▶ TASK DESCRIPTION
Copy every record below exactly.

▶ Saved entries
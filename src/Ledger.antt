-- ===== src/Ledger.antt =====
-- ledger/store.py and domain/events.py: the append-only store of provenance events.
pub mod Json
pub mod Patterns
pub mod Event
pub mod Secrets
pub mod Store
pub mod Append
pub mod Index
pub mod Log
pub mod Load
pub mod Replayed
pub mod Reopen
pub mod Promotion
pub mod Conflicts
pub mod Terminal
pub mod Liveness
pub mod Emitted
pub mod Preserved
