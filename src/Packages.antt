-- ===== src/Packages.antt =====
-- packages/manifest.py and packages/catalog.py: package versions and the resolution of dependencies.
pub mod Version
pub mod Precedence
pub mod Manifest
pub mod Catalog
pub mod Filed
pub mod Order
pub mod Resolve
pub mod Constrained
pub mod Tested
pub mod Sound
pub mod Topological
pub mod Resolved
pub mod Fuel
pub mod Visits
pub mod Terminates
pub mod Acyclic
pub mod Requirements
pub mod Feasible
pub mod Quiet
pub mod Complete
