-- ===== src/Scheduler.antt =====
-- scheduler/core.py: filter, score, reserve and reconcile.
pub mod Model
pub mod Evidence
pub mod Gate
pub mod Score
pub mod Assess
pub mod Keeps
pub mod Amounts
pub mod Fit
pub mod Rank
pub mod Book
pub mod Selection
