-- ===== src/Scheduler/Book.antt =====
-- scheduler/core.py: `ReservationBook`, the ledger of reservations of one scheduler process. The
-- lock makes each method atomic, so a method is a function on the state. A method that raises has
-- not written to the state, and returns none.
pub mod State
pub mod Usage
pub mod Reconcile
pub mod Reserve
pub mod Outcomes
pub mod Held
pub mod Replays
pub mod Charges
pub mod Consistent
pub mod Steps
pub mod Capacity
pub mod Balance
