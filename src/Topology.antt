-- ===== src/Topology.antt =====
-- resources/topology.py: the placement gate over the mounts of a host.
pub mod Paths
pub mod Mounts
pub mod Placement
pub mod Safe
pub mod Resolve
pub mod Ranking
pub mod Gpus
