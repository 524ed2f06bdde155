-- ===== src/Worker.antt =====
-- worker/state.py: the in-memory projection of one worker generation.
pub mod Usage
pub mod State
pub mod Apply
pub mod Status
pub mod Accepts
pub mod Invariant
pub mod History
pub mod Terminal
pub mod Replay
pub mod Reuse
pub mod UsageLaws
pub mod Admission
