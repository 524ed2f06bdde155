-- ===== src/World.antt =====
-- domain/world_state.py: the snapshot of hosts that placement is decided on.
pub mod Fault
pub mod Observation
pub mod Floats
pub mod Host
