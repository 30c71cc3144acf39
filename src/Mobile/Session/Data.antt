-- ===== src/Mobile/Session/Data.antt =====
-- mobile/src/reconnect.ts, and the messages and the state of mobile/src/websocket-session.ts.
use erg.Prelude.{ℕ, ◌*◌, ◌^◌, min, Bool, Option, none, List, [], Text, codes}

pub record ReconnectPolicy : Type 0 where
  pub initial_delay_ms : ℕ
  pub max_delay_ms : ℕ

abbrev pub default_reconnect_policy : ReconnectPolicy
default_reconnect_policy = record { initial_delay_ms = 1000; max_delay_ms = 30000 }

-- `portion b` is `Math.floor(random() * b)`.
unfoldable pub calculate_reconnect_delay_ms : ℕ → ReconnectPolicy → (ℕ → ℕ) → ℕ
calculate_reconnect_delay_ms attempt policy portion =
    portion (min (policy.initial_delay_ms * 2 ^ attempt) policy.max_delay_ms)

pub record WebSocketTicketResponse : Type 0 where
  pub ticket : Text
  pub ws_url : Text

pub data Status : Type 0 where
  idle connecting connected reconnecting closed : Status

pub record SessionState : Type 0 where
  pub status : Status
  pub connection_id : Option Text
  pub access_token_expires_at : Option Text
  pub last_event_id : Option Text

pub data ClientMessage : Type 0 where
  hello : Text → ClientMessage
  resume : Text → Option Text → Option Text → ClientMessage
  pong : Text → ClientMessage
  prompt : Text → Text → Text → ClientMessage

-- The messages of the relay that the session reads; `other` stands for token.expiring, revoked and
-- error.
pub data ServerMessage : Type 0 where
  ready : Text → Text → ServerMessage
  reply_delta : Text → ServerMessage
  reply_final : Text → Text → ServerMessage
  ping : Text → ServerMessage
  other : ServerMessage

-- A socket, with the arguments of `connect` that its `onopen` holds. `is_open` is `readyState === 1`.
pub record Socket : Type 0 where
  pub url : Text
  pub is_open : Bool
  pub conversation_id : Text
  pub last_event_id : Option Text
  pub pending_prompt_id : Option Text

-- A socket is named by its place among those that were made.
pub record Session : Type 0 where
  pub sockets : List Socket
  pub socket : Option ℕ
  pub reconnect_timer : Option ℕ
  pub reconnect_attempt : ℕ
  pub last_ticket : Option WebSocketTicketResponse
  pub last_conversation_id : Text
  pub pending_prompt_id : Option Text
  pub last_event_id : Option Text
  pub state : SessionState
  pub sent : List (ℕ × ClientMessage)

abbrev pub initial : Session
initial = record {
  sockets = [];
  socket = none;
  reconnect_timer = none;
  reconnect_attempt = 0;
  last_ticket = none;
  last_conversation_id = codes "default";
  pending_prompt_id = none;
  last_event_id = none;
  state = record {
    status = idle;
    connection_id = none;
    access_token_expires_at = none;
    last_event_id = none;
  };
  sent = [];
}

▶ YOUR SOLUTION
filename src/Ledger.antt
-- ===== src/Ledger.antt =====
-- ledger/store.py and domain/events.py: the append-only store of provenance events.
pub mod Json
pub mod Patterns
pub mod Event
pub mod Secrets
pub mod Store
pub mod Append
pub mod Index
pub mod Log
pub mod Load
pub mod Replayed
pub mod Reopen
pub mod Promotion
pub mod Conflicts
pub mod Terminal
pub mod Liveness
pub mod Emitted
pub mod Preserved
filename src/Packages.antt
-- ===== src/Packages.antt =====
-- packages/manifest.py and packages/catalog.py: package versions and the resolution of dependencies.
pub mod Version
pub mod Precedence
pub mod Manifest
pub mod Catalog
pub mod Filed
pub mod Order
pub mod Resolve
pub mod Constrained
pub mod Tested
pub mod Sound
pub mod Topological
pub mod Resolved
pub mod Fuel
pub mod Visits
pub mod Terminates
pub mod Acyclic
pub mod Requirements
pub mod Feasible
pub mod Quiet
pub mod Complete
-- ===== src/Scheduler.antt =====
-- scheduler/core.py: filter, score, reserve and reconcile.
pub mod Model
pub mod Evidence
pub mod Gate
pub mod Score
pub mod Assess
pub mod Keeps
pub mod Amounts
pub mod Fit
pub mod Rank
pub mod Book
pub mod Selection
-- ===== src/Scheduler/Book.antt =====
-- scheduler/core.py: `ReservationBook`, the ledger of reservations of one scheduler process. The
-- lock makes each method atomic, so a method is a function on the state. A method that raises has
-- not written to the state, and returns none.
pub mod State
pub mod Usage
pub mod Reconcile
pub mod Reserve
pub mod Outcomes
pub mod Held
pub mod Replays
pub mod Charges
pub mod Consistent
pub mod Steps
pub mod Capacity
pub mod Balance
filename src/Topology.antt
-- ===== src/Topology.antt =====
-- resources/topology.py: the placement gate over the mounts of a host.
pub mod Paths
pub mod Mounts
pub mod Placement
pub mod Safe
pub mod Resolve
pub mod Ranking
pub mod Gpus
repository 524ed2f06bdde155
-- ===== src/Worker.antt =====
-- worker/state.py: the in-memory projection of one worker generation.
pub mod Usage
pub mod State
pub mod Apply
pub mod Status
pub mod Accepts
pub mod Invariant
pub mod History
pub mod Terminal
pub mod Replay
pub mod Reuse
pub mod UsageLaws
pub mod Admission
repository 524ed2f06bdde155
-- ===== src/World.antt =====
-- domain/world_state.py: the snapshot of hosts that placement is decided on.
pub mod Fault
pub mod Observation
pub mod Floats
pub mod Host
repository 30c71cc3144acf39
filename src/Mobile/Session/Data.antt
-- ===== src/Mobile/Session/Data.antt =====
-- mobile/src/reconnect.ts, and the messages and the state of mobile/src/websocket-session.ts.
use erg.Prelude.{ℕ, ◌*◌, ◌^◌, min, Bool, Option, none, List, [], Text, codes}

pub record ReconnectPolicy : Type 0 where
  pub initial_delay_ms : ℕ
  pub max_delay_ms : ℕ

abbrev pub default_reconnect_policy : ReconnectPolicy
default_reconnect_policy = record { initial_delay_ms = 1000; max_delay_ms = 30000 }

-- `portion b` is `Math.floor(random() * b)`.
unfoldable pub calculate_reconnect_delay_ms : ℕ → ReconnectPolicy → (ℕ → ℕ) → ℕ
calculate_reconnect_delay_ms attempt policy portion =
    portion (min (policy.initial_delay_ms * 2 ^ attempt) policy.max_delay_ms)

pub record WebSocketTicketResponse : Type 0 where
  pub ticket : Text
  pub ws_url : Text

pub data Status : Type 0 where
  idle connecting connected reconnecting closed : Status

pub record SessionState : Type 0 where
  pub status : Status
  pub connection_id : Option Text
  pub access_token_expires_at : Option Text
  pub last_event_id : Option Text

pub data ClientMessage : Type 0 where
  hello : Text → ClientMessage
  resume : Text → Option Text → Option Text → ClientMessage
  pong : Text → ClientMessage
  prompt : Text → Text → Text → ClientMessage

-- The messages of the relay that the session reads; `other` stands for token.expiring, revoked and
-- error.
pub data ServerMessage : Type 0 where
  ready : Text → Text → ServerMessage
  reply_delta : Text → ServerMessage
  reply_final : Text → Text → ServerMessage
  ping : Text → ServerMessage
  other : ServerMessage

-- A socket, with the arguments of `connect` that its `onopen` holds. `is_open` is `readyState === 1`.
pub record Socket : Type 0 where
  pub url : Text
  pub is_open : Bool
  pub conversation_id : Text
  pub last_event_id : Option Text
  pub pending_prompt_id : Option Text

-- A socket is named by its place among those that were made.
pub record Session : Type 0 where
  pub sockets : List Socket
  pub socket : Option ℕ
  pub reconnect_timer : Option ℕ
  pub reconnect_attempt : ℕ
  pub last_ticket : Option WebSocketTicketResponse
  pub last_conversation_id : Text
  pub pending_prompt_id : Option Text
  pub last_event_id : Option Text
  pub state : SessionState
  pub sent : List (ℕ × ClientMessage)

abbrev pub initial : Session
initial = record {
  sockets = [];
  socket = none;
  reconnect_timer = none;
  reconnect_attempt = 0;
  last_ticket = none;
  last_conversation_id = codes "default";
  pending_prompt_id = none;
  last_event_id = none;
  state = record {
    status = idle;
    connection_id = none;
    access_token_expires_at = none;
    last_event_id = none;
  };
  sent = [];
}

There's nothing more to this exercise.